TASK DIRECTIONS
Exactly as given, repeat all of the entries.

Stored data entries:
┄┄┄┄┄┄┄┄┄┄
-- ===== src/Grpc/Options/Views.antt =====
-- The two views of the metadata: every value of a key, and the newest.
use qtgrpc.Prelude.{
  arith, if◌then◌else◌, Bool, ◌≡◌, refl, true, false, Option, none, some, List, [], ◌∷◌, ◌++◌,
  Bool-cases, inl, inr, sym, ◌∙◌,
}
use qtgrpc.Prelude.Ascii.{same_bytes, same_bytes-eq}
use qtgrpc.Grpc.Handler.{Bytes, Headers}
use qtgrpc.Grpc.Options.{
  same_entries, find, emplace_missing, try_emplace, keep_first, to_hash, insert_or_assign, Options,
  default_options, set_hash, set_multi_hash, contains_metadata, add_metadata,
}

abbrev or_else : Option Bytes → Option Bytes → Option Bytes
or_else none b = b
or_else (some a) b = some a

find-append :
    (key : Bytes) (xs ys : Headers) → find key (xs ++ ys) ≡ or_else (find key xs) (find key ys)
unfolding find
find-append key [] ys = refl
find-append key ((k, v) ∷ xs) ys = ground (arith, find-append key xs ys)

find_same : (k key : Bytes) (xs : Headers) → same_bytes k key ≡ true → find k xs ≡ find key xs
find_same k key xs e = cc (same_bytes-eq k key e)

or_else-none : (o : Option Bytes) → or_else o none ≡ o
or_else-none none = refl
or_else-none (some a) = refl

or_else_assoc : (a b c : Option Bytes) → or_else (or_else a b) c ≡ or_else a (or_else b c)
or_else_assoc none b c = refl
or_else_assoc (some a) b c = refl

find-emplace_missing :
    (k v key : Bytes) (out : Headers) (o : Option Bytes)
    → find k out ≡ o
    → find key (emplace_missing o k v out) ≡ or_else (find key out) (find key ((k, v) ∷ []))
unfolding emplace_missing
find-emplace_missing k v key out none e = find-append key out ((k, v) ∷ [])
find-emplace_missing k v key out (some w) e = elim (Bool-cases (same_bytes k key)) [
  | inl s ↦ let found : find key out ≡ some w = sym (find_same k key out s) ∙ e in rw found refl
  | inr d ↦ sym (unfold find in rw d (or_else-none (find key out)))
]

find-head :
    (k v key : Bytes) (xs : Headers)
    → or_else (find key ((k, v) ∷ [])) (find key xs) ≡ find key ((k, v) ∷ xs)
unfolding find
find-head k v key xs = ground arith

find-keep_first :
    (key : Bytes) (multi_hash out : Headers)
    → find key (keep_first multi_hash out) ≡ or_else (find key out) (find key multi_hash)
unfolding keep_first try_emplace find
find-keep_first key [] out = sym (or_else-none (find key out))
find-keep_first key ((k, v) ∷ rest) out =
    rw
      (
        find-keep_first key rest (try_emplace k v out),
        find-emplace_missing k v key out (find k out) refl,
        or_else_assoc (find key out) (find key ((k, v) ∷ [])) (find key rest),
        find-head k v key rest,
      )
      refl

both_same :
    (k l key : Bytes) → same_bytes l k ≡ false → same_bytes l key ≡ true → same_bytes k key ≡ false
both_same k l key d e = elim (Bool-cases (same_bytes k key)) [
  | inl f ↦ absurd (cc (d, same_bytes-eq k key f))
  | inr f ↦ f
]

inserts_past :
    (k v key l w : Bytes) (xs : Headers)
    → same_bytes l k ≡ false
    → find key ((l, w) ∷ ((k, v) ∷ xs)) ≡ find key ((k, v) ∷ ((l, w) ∷ xs))
unfolding find
inserts_past k v key l w xs d = ground (arith, both_same k l key d)

find-insert_or_assign :
    (k v key : Bytes) (xs : Headers) → find key (insert_or_assign k v xs) ≡ find key ((k, v) ∷ xs)
unfolding find insert_or_assign
find-insert_or_assign k v key [] = refl
find-insert_or_assign k v key ((l, w) ∷ xs) = elim (Bool-cases (same_bytes l k)) [
  | inl e ↦ rw (e, same_bytes-eq l k e) (ground arith)
  | inr d ↦ rw (d, find-insert_or_assign k v key xs) (inserts_past k v key l w xs d)
]

find-to_hash : (key : Bytes) (md : Headers) → find key (to_hash md) ≡ find key md
unfolding to_hash find
find-to_hash key md = find-keep_first key md []

-- What a client does to the metadata of its options.
pub data Edit : Type 0 where
  sets_hash sets_multi_hash : Headers → Edit
  adds : Bytes → Bytes → Edit

unfoldable pub edit : Edit → Options → Options
edit (sets_hash md) o = set_hash md o
edit (sets_multi_hash md) o = set_multi_hash md o
edit (adds key value) o = add_metadata key value o

unfoldable pub edits : List Edit → Options → Options
edits [] o = o
edits (e ∷ es) o = edits es (edit e o)

-- The hash holds the newest value of each key.
pub HoldsNewest : Options → Type 0
HoldsNewest o = (key : Bytes) → find key o.deprecated_metadata ≡ find key o.metadata

HoldsNewest-if :
    (b : Bool) (o p : Options) → HoldsNewest o → HoldsNewest p → HoldsNewest (if b then o else p)
HoldsNewest-if true o p h i = h
HoldsNewest-if false o p h i = i

find-cons :
    (k v key : Bytes) (xs ys : Headers)
    → find key xs ≡ find key ys
    → find key ((k, v) ∷ xs) ≡ find key ((k, v) ∷ ys)
unfolding find
find-cons k v key xs ys e = rw e refl

HoldsNewest-edit : (e : Edit) (o : Options) → HoldsNewest o → HoldsNewest (edit e o)
unfolding edit set_hash set_multi_hash add_metadata HoldsNewest
HoldsNewest-edit (sets_hash md) o h key =
    HoldsNewest-if (same_entries o.deprecated_metadata md) o _ h (λ key'. refl) key
HoldsNewest-edit (sets_multi_hash md) o h key =
    HoldsNewest-if (same_entries o.metadata md) o _ h (λ key'. find-to_hash key' md) key
HoldsNewest-edit (adds k v) o h key =
    HoldsNewest-if (contains_metadata k v o) o _ h
      (λ key'.
        find-insert_or_assign k v key' o.deprecated_metadata ∙ find-cons k v key' _ _ (h key'))
      key

HoldsNewest-edits : (es : List Edit) (o : Options) → HoldsNewest o → HoldsNewest (edits es o)
unfolding edits
HoldsNewest-edits [] o h = h
HoldsNewest-edits (e ∷ es) o h = HoldsNewest-edits es (edit e o) (HoldsNewest-edit e o h)

-- Whatever a client sets and adds, the deprecated view of the metadata has for every key the newest
-- of its values, and no value for a key that has none.
pub find-edits :
    (es : List Edit) (key : Bytes)
    → find key (edits es default_options).deprecated_metadata
      ≡ find key (edits es default_options).metadata
find-edits es = unfold HoldsNewest in HoldsNewest-edits es default_options (λ key. refl)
┄┄┄┄┄┄┄┄┄┄
SOLVED EXERCISE
-- ===== src/Grpc/Options/Views.antt =====
-- The two views of the metadata: every value of a key, and the newest.
use qtgrpc.Prelude.{
  arith, if◌then◌else◌, Bool, ◌≡◌, refl, true, false, Option, none, some, List, [], ◌∷◌, ◌++◌,
  Bool-cases, inl, inr, sym, ◌∙◌,
}
use qtgrpc.Prelude.Ascii.{same_bytes, same_bytes-eq}
use qtgrpc.Grpc.Handler.{Bytes, Headers}
use qtgrpc.Grpc.Options.{
  same_entries, find, emplace_missing, try_emplace, keep_first, to_hash, insert_or_assign, Options,
  default_options, set_hash, set_multi_hash, contains_metadata, add_metadata,
}

abbrev or_else : Option Bytes → Option Bytes → Option Bytes
or_else none b = b
or_else (some a) b = some a

find-append :
    (key : Bytes) (xs ys : Headers) → find key (xs ++ ys) ≡ or_else (find key xs) (find key ys)
unfolding find
find-append key [] ys = refl
find-append key ((k, v) ∷ xs) ys = ground (arith, find-append key xs ys)

find_same : (k key : Bytes) (xs : Headers) → same_bytes k key ≡ true → find k xs ≡ find key xs
find_same k key xs e = cc (same_bytes-eq k key e)

or_else-none : (o : Option Bytes) → or_else o none ≡ o
or_else-none none = refl
or_else-none (some a) = refl

or_else_assoc : (a b c : Option Bytes) → or_else (or_else a b) c ≡ or_else a (or_else b c)
or_else_assoc none b c = refl
or_else_assoc (some a) b c = refl

find-emplace_missing :
    (k v key : Bytes) (out : Headers) (o : Option Bytes)
    → find k out ≡ o
    → find key (emplace_missing o k v out) ≡ or_else (find key out) (find key ((k, v) ∷ []))
unfolding emplace_missing
find-emplace_missing k v key out none e = find-append key out ((k, v) ∷ [])
find-emplace_missing k v key out (some w) e = elim (Bool-cases (same_bytes k key)) [
  | inl s ↦ let found : find key out ≡ some w = sym (find_same k key out s) ∙ e in rw found refl
  | inr d ↦ sym (unfold find in rw d (or_else-none (find key out)))
]

find-head :
    (k v key : Bytes) (xs : Headers)
    → or_else (find key ((k, v) ∷ [])) (find key xs) ≡ find key ((k, v) ∷ xs)
unfolding find
find-head k v key xs = ground arith

find-keep_first :
    (key : Bytes) (multi_hash out : Headers)
    → find key (keep_first multi_hash out) ≡ or_else (find key out) (find key multi_hash)
unfolding keep_first try_emplace find
find-keep_first key [] out = sym (or_else-none (find key out))
find-keep_first key ((k, v) ∷ rest) out =
    rw
      (
        find-keep_first key rest (try_emplace k v out),
        find-emplace_missing k v key out (find k out) refl,
        or_else_assoc (find key out) (find key ((k, v) ∷ [])) (find key rest),
        find-head k v key rest,
      )
      refl

both_same :
    (k l key : Bytes) → same_bytes l k ≡ false → same_bytes l key ≡ true → same_bytes k key ≡ false
both_same k l key d e = elim (Bool-cases (same_bytes k key)) [
  | inl f ↦ absurd (cc (d, same_bytes-eq k key f))
  | inr f ↦ f
]

inserts_past :
    (k v key l w : Bytes) (xs : Headers)
    → same_bytes l k ≡ false
    → find key ((l, w) ∷ ((k, v) ∷ xs)) ≡ find key ((k, v) ∷ ((l, w) ∷ xs))
unfolding find
inserts_past k v key l w xs d = ground (arith, both_same k l key d)

find-insert_or_assign :
    (k v key : Bytes) (xs : Headers) → find key (insert_or_assign k v xs) ≡ find key ((k, v) ∷ xs)
unfolding find insert_or_assign
find-insert_or_assign k v key [] = refl
find-insert_or_assign k v key ((l, w) ∷ xs) = elim (Bool-cases (same_bytes l k)) [
  | inl e ↦ rw (e, same_bytes-eq l k e) (ground arith)
  | inr d ↦ rw (d, find-insert_or_assign k v key xs) (inserts_past k v key l w xs d)
]

find-to_hash : (key : Bytes) (md : Headers) → find key (to_hash md) ≡ find key md
unfolding to_hash find
find-to_hash key md = find-keep_first key md []

-- What a client does to the metadata of its options.
pub data Edit : Type 0 where
  sets_hash sets_multi_hash : Headers → Edit
  adds : Bytes → Bytes → Edit

unfoldable pub edit : Edit → Options → Options
edit (sets_hash md) o = set_hash md o
edit (sets_multi_hash md) o = set_multi_hash md o
edit (adds key value) o = add_metadata key value o

unfoldable pub edits : List Edit → Options → Options
edits [] o = o
edits (e ∷ es) o = edits es (edit e o)

-- The hash holds the newest value of each key.
pub HoldsNewest : Options → Type 0
HoldsNewest o = (key : Bytes) → find key o.deprecated_metadata ≡ find key o.metadata

HoldsNewest-if :
    (b : Bool) (o p : Options) → HoldsNewest o → HoldsNewest p → HoldsNewest (if b then o else p)
HoldsNewest-if true o p h i = h
HoldsNewest-if false o p h i = i

find-cons :
    (k v key : Bytes) (xs ys : Headers)
    → find key xs ≡ find key ys
    → find key ((k, v) ∷ xs) ≡ find key ((k, v) ∷ ys)
unfolding find
find-cons k v key xs ys e = rw e refl

HoldsNewest-edit : (e : Edit) (o : Options) → HoldsNewest o → HoldsNewest (edit e o)
unfolding edit set_hash set_multi_hash add_metadata HoldsNewest
HoldsNewest-edit (sets_hash md) o h key =
    HoldsNewest-if (same_entries o.deprecated_metadata md) o _ h (λ key'. refl) key
HoldsNewest-edit (sets_multi_hash md) o h key =
    HoldsNewest-if (same_entries o.metadata md) o _ h (λ key'. find-to_hash key' md) key
HoldsNewest-edit (adds k v) o h key =
    HoldsNewest-if (contains_metadata k v o) o _ h
      (λ key'.
        find-insert_or_assign k v key' o.deprecated_metadata ∙ find-cons k v key' _ _ (h key'))
      key

HoldsNewest-edits : (es : List Edit) (o : Options) → HoldsNewest o → HoldsNewest (edits es o)
unfolding edits
HoldsNewest-edits [] o h = h
HoldsNewest-edits (e ∷ es) o h = HoldsNewest-edits es (edit e o) (HoldsNewest-edit e o h)

-- Whatever a client sets and adds, the deprecated view of the metadata has for every key the newest
-- of its values, and no value for a key that has none.
pub find-edits :
    (es : List Edit) (key : Bytes)
    → find key (edits es default_options).deprecated_metadata
      ≡ find key (edits es default_options).metadata
find-edits es = unfold HoldsNewest in HoldsNewest-edits es default_options (λ key. refl)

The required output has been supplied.